» Problem requirements
Line count for "some": report how many lines in this material hold that string, with the number alone as the answer.

*** Supplied records ***

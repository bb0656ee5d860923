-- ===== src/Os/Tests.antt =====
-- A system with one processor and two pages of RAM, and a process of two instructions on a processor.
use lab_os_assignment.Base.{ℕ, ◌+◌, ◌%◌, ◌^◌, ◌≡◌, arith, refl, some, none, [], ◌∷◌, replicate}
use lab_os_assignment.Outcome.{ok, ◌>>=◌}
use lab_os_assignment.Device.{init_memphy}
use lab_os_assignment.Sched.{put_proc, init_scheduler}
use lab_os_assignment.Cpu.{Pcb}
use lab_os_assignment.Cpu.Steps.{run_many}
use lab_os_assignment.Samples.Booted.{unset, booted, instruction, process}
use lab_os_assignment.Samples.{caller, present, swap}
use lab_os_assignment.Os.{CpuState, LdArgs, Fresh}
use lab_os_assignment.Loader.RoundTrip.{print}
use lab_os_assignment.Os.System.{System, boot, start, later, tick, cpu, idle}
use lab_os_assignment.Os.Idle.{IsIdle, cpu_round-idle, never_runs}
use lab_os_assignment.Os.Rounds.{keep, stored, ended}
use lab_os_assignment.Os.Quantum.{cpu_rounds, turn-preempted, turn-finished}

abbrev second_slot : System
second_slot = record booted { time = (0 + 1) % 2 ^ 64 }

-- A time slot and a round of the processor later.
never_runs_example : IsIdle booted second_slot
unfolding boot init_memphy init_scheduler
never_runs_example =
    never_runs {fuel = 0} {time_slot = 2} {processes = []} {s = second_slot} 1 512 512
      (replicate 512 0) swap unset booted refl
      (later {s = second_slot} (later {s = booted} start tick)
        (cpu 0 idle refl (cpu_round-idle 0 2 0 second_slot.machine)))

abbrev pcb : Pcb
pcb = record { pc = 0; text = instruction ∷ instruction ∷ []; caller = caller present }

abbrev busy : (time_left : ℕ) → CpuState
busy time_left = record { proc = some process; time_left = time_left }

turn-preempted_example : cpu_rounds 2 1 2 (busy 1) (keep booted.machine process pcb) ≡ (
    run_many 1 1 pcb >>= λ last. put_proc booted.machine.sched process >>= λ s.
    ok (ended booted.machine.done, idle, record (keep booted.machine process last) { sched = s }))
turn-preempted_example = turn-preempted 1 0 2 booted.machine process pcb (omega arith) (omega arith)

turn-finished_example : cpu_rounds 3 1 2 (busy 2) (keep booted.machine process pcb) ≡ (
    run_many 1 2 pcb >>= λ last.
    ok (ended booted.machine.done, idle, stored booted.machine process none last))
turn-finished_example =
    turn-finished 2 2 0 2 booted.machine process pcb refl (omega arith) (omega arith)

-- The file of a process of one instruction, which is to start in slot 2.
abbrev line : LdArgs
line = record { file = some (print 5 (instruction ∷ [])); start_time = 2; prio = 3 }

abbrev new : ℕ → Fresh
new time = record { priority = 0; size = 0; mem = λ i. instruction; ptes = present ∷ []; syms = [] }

*** End of Supplied records ***

» Answer for this exercise
3